One of the *most important* assessments we should carry out is *model validation*. When validating a model, we use a dataset that was *not* used to fit the model in order to check how well the model agrees with physical reality. This is to help avoid the statistical phenomenon of overfitting.

## Validation data#

Let’s load a dataset that is appropriate for validation; the following data is from the same trajectory as `df_trajectory_windowed`

, but it consists of independent observations, and it runs for a longer span of time values.

```
## NOTE: No need to edit
from grama.data import df_trajectory_full
(
df_trajectory_full
>> gr.tf_mutate(source="Full")
>> gr.tf_bind_rows(
df_trajectory_windowed
>> gr.tf_mutate(source="Windowed")
)
>> gr.ggplot(gr.aes("x", "y", color="source"))
+ gr.geom_point()
)
```

```
<ggplot: (8788954606201)>
```

**q8** Compare the fit to validation data#

Compare the predictions from the fitted model `md_fit_uq`

to compare an ensemble of trajectories against the validation data `df_trajectory_full`

. Answer the questions under *observations* below.
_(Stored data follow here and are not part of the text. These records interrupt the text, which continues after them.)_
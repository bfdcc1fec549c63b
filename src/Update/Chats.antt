-- ===== src/Update/Chats.antt =====
-- The Bomgar part of /updateDB: QMON_CHAT after the two loops.
use mathlib.Core.Path.{fun_ext}
use kueued.Prelude.{
  Text, ◌==◌, eq_iff, ℕ, List, map, contains, true, Option, none, some, is_some, if◌then◌else◌, ◌≡◌,
  refl, sym, ◌∙◌, arith,
}
use kueued.Items.{BomgarItem}
use kueued.Sql.{Env, Mysql}
use kueued.Sql.Rows.{ChatRow}
use kueued.Database.Chat.{
  chat_row, renamed_row, update_bomgar_item_in_db, update_bomgar_queue, delete_bomgar_item_from_db,
  get_qmon_bomgar_list, bomgar_exists_in_db, get_bomgar_queue_by_id, name_or_nochat,
}
use kueued.Update.Loop.{
  for_each, trace, trace-absent, trace_gives, view-for_each, view-prune, AllAt,
}
use kueued.Update.Steps.{bomgar_step, update_bomgars}

abbrev pub chat_ids : List BomgarItem → List Text
chat_ids list = map (λ bi. bi.id) list

-- A known chat gets the new queue name and keeps its SR and date; a new chat is stored whole.
abbrev pub visit_chat : ℕ → BomgarItem → Option ChatRow → Option ChatRow
visit_chat i bi none = some (record { id = bi.id; sr = bi.sr; name = bi.name; date = bi.date })
visit_chat i bi (some r) = some (record { id = r.id; sr = r.sr; name = bi.name; date = r.date })

module _ {D : Type 0} {S : Type 0 → Type 0} (env : Env D S) where
  abbrev pub chat_of : Mysql S → Text → Option ChatRow
  chat_of db id = env.tables.chat.select id db.chat

  chat_of-bomgar_step :
      (j : Text) (i : ℕ) (bi : BomgarItem) (db : Mysql S)
      → chat_of (bomgar_step env i bi db) j
        ≡ (if bi.id == j then visit_chat i bi (chat_of db j) else chat_of db j)
  unfolding bomgar_step bomgar_exists_in_db get_bomgar_queue_by_id update_bomgar_item_in_db
      update_bomgar_queue name_or_nochat
  chat_of-bomgar_step j i bi db =
      let t = env.tables.chat in
      ground (
        arith,
        eq_iff bi.id j,
        eq_iff (name_or_nochat (t.select j db.chat)) bi.name,
        env.tables.key-chat (chat_row bi),
        t.select-insert (chat_row bi) j db.chat,
        t.select-update bi.id (renamed_row bi) j db.chat
            (λ r. env.tables.key-chat _ ∙ sym (env.tables.key-chat r)),
      )

  pub chat_of-delete :
      (j k : Text) (db : Mysql S)
      → chat_of (delete_bomgar_item_from_db env k db) j ≡ (if k == j then none else chat_of db j)
  unfolding delete_bomgar_item_from_db
  chat_of-delete j k db = env.tables.chat.select-delete k j db.chat

  -- The list of ids names exactly the keys of the table.
  pub contains-bomgar_list :
      (j : Text) (db : Mysql S) → contains j (get_qmon_bomgar_list env db) ≡ is_some (chat_of db j)
  unfolding get_qmon_bomgar_list
  contains-bomgar_list j db =
      rw (← fun_ext env.tables.key-chat) (env.tables.chat.contains-rows j db.chat)

  -- A listed chat has after the update what the visits of its items leave: a new one has the id, SR,
  -- name and date of the item, a known one the new name and its old SR and date. A chat that is not
  -- listed is gone.
  pub chat_of-update_bomgars :
      (list : List BomgarItem) (db : Mysql S) (j : Text)
      → chat_of (update_bomgars env list db) j ≡ (
          if contains j (chat_ids list)
          then trace visit_chat (λ bi. bi.id) j 0 list (chat_of db j)
          else none)
  unfolding update_bomgars
  chat_of-update_bomgars list db j =
      let visited = for_each (bomgar_step env) 0 list db in
      ground (
        arith,
        view-prune chat_of none (delete_bomgar_item_from_db env) j (chat_of-delete j)
            (chat_ids list) (get_qmon_bomgar_list env visited) visited,
        contains-bomgar_list j visited,
        view-for_each chat_of (bomgar_step env) visit_chat (λ bi. bi.id) j (chat_of-bomgar_step j) 0
            list db,
        trace-absent visit_chat (λ bi. bi.id) j 0 list (chat_of db j),
      )

  -- The chat is there under the name.
  abbrev pub IsNamed : Text → Option ChatRow → Type 0
  IsNamed name o = (r : ChatRow) × (o ≡ some r) × (r.name ≡ name)

  visit_chat-IsNamed :
      (name : Text) (i : ℕ) (bi : BomgarItem) (o : Option ChatRow)
      → bi.name ≡ name
      → IsNamed name (visit_chat i bi o)
  visit_chat-IsNamed name i bi none h = (_, refl, h)
  visit_chat-IsNamed name i bi (some r) h = (_, refl, h)

  -- After the update a listed chat waits in the queue that the list gives it.
  pub update_bomgars-IsNamed :
      (list : List BomgarItem) (db : Mysql S) (j name : Text)
      → AllAt (λ bi. bi.id) j (λ bi. bi.name ≡ name) list
      → contains j (chat_ids list) ≡ true
      → IsNamed name (chat_of (update_bomgars env list db) j)
  update_bomgars-IsNamed list db j name same listed =
      rw (chat_of-update_bomgars list db j, listed)
        (trace_gives visit_chat (λ bi. bi.id) j (λ o. Unit {0}) (IsNamed name)
          (λ bi. bi.name ≡ name) (λ i x o s _. visit_chat-IsNamed name i x o s)
          (λ i x o s _. visit_chat-IsNamed name i x o s) 0 list (chat_of db j) same listed tt)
*Hint*: This part has no starter code! Use what you learned above to carry out this comparison.

```
# TASK: Compare the fitted model to the validation data;
# make sure to quantify the parameter uncertainty
(
md_fit_uq
# solution-begin
>> gr.ev_sample(
n=100,
df_det=gr.df_make(t=gr.linspace(0, 5, 20))
)
>> gr.ggplot(gr.aes("x", "y"))
+ gr.geom_line(gr.aes(group="u0"), alpha=1/5, color="grey")
+ gr.geom_point(data=df_trajectory_full)
# solution-end
)
```

```
<ggplot: (8788972613545)>
```

*Observations*

How well does the model fit the data? Does the model perform better in some regions than others?
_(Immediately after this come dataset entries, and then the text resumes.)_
-- ===== src/Update/Programs/Rely.antt =====
-- What a thread can count on while others run. If every atom of every thread keeps a condition on the
-- tables, and one thread's program brings the condition about at some point, whatever tables it
-- finds, then the condition holds once that thread has finished.
use kueued.Prelude.{
  ℕ, zero, suc, nat_eq, Bool, true, false, if◌then◌else◌, ◌≡◌, refl, ap, ◌∙◌, ◌⊎◌, inl, inr, arith,
}
use mathlib.Core.Path.{subst}
use kueued.Update.Programs.{Prog, done, fault, atom, Pool, alone, advance, turn, runs}

module _ {M : Type 0} (P : M → Type 0) where
  -- Every atom keeps the condition, whatever the tables in between.
  abbrev pub Safe : Prog M → Type 0
  Safe done = Unit
  Safe fault = Unit
  Safe (atom effect next) = (m : M) → (P m → P (effect m)) × Safe (next m)

  -- On every path there is an atom after which the condition holds, or a fault.
  abbrev pub Gives : Prog M → Type 0
  Gives done = ⊥
  Gives fault = Unit
  Gives (atom effect next) = (m : M) → P (effect m) ⊎ Gives (next m)

  -- The condition holds already, or the thread has yet to bring it about.
  abbrev Holds : ℕ → Pool M → Type 0
  Holds k p = P p.shared ⊎ Gives (p.threads k)

  abbrev pub AllSafe : Pool M → Type 0
  AllSafe p = (i : ℕ) → Safe (p.threads i)

  AllSafe-advance : (k : ℕ) (p : Pool M) (q : Prog M) → Safe q → AllSafe p → AllSafe (advance k p q)
  unfolding advance
  AllSafe-advance k p done s h i = h i
  AllSafe-advance k p fault s h i = tt
  AllSafe-advance k p (atom effect next) s h i = chosen (nat_eq i k)
    where
      chosen : (b : Bool) → Safe (if b then next p.shared else p.threads i)
      chosen true = (s p.shared).1
      chosen false = h i

  Holds-advance :
      (k j : ℕ) (p : Pool M) (q : Prog M)
      → p.threads k ≡ q
      → Safe q
      → Holds j p
      → Holds j (advance k p q)
  unfolding advance
  Holds-advance k j p done e s h = h
  Holds-advance k j p fault e s (inl now) = inl now
  Holds-advance k j p fault e s (inr yet) = inr tt
  Holds-advance k j p (atom effect next) e s (inl now) = inl ((s p.shared).0 now)
  Holds-advance k j p (atom effect next) e s (inr yet) = chosen (nat_eq j k) own
    where
      own : nat_eq j k ≡ true → P (effect p.shared) ⊎ Gives (next p.shared)
      own same =
          let at_k : j ≡ k = ground (arith, same) in
          subst Gives (ap p.threads at_k ∙ e) yet p.shared

      chosen :
          (b : Bool)
          → (b ≡ true → P (effect p.shared) ⊎ Gives (next p.shared))
          → P (effect p.shared) ⊎ Gives (if b then next p.shared else p.threads j)
      chosen true h = h refl
      chosen false h = inr yet

  AllSafe-runs : (schedule : ℕ → ℕ) (t : ℕ) (p : Pool M) → AllSafe p → AllSafe (runs schedule t p)
  unfolding runs turn
  AllSafe-runs schedule zero p h = h
  AllSafe-runs schedule (suc t) p h =
      let before = AllSafe-runs schedule t p h in
      AllSafe-advance (schedule t) (runs schedule t p) _ (before (schedule t)) before

  Holds-runs :
      (schedule : ℕ → ℕ) (t k : ℕ) (p : Pool M)
      → AllSafe p
      → Holds k p
      → Holds k (runs schedule t p)
  unfolding runs turn
  Holds-runs schedule zero k p s h = h
  Holds-runs schedule (suc t) k p s h =
      Holds-advance (schedule t) k (runs schedule t p) _ refl
        (AllSafe-runs schedule t p s (schedule t)) (Holds-runs schedule t k p s h)

  shared-advance :
      (k : ℕ) (p : Pool M) (q : Prog M) → Safe q → P p.shared → P (advance k p q).shared
  unfolding advance
  shared-advance k p done s h = h
  shared-advance k p fault s h = h
  shared-advance k p (atom effect next) s h = (s p.shared).0 h

  -- A condition that every atom keeps holds at every time, if it held at the start.
  pub runs_keep :
      (schedule : ℕ → ℕ) (t : ℕ) (p : Pool M)
      → AllSafe p
      → P p.shared
      → P (runs schedule t p).shared
  unfolding runs turn
  runs_keep schedule zero p s h = h
  runs_keep schedule (suc t) p s h =
      shared-advance (schedule t) (runs schedule t p) _ (AllSafe-runs schedule t p s (schedule t))
        (runs_keep schedule t p s h)

  -- Once the thread has finished, the condition holds.
  pub runs_finished :
      (schedule : ℕ → ℕ) (t k : ℕ) (p : Pool M)
      → AllSafe p
      → Gives (p.threads k)
      → (runs schedule t p).threads k ≡ done
      → P (runs schedule t p).shared
  runs_finished schedule t k p s g e = settle (Holds-runs schedule t k p s (inr g))
    where
      settle : Holds k (runs schedule t p) → P (runs schedule t p).shared
      settle (inl now) = now
      settle (inr yet) = absurd (subst Gives e yet)

  -- So does it with no other thread.
  pub alone_keeps : (q : Prog M) (m : M) → Safe q → P m → P (alone q m)
  unfolding alone
  alone_keeps done m s h = h
  alone_keeps fault m s h = h
  alone_keeps (atom effect next) m s h = alone_keeps (next m) (effect m) (s m).1 ((s m).0 h)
The model fits well at the beginning of the trajectory, but does progressively worse further into the trajectory. Towards the end, the model overpredicts the range by quite a bit! (A few meters.)

## The dramatic reveal…#

It turns out the model does *not* accurately predict the trajectory’s range! This is because our model assumes a *linear* drag law \(F_d \propto - m \tau s\), while in reality the data were generated using a *quadratic* drag law \(F_d \propto - m b s^2\). This qualitative difference between the model and the data-generating process leads to a mismatch between predicted and measured values that we can’t overcome without changing the model’s *form*.

This is why validation is so important: It is difficult to discover this kind of *model form error* without a validation study. In practice, data scientists will use a *train-validation split* to help construct this sort of validation study.

# Further Reading#

This exercise is based on a chapter from a forthcoming book I’m writing. You can see that draft chapter for more details on this case study.

My most-highly recommended book for a deeper treatment of the train-validation split (and related ideas) is “An Introduction to Statistical Learning,” which is freely available online.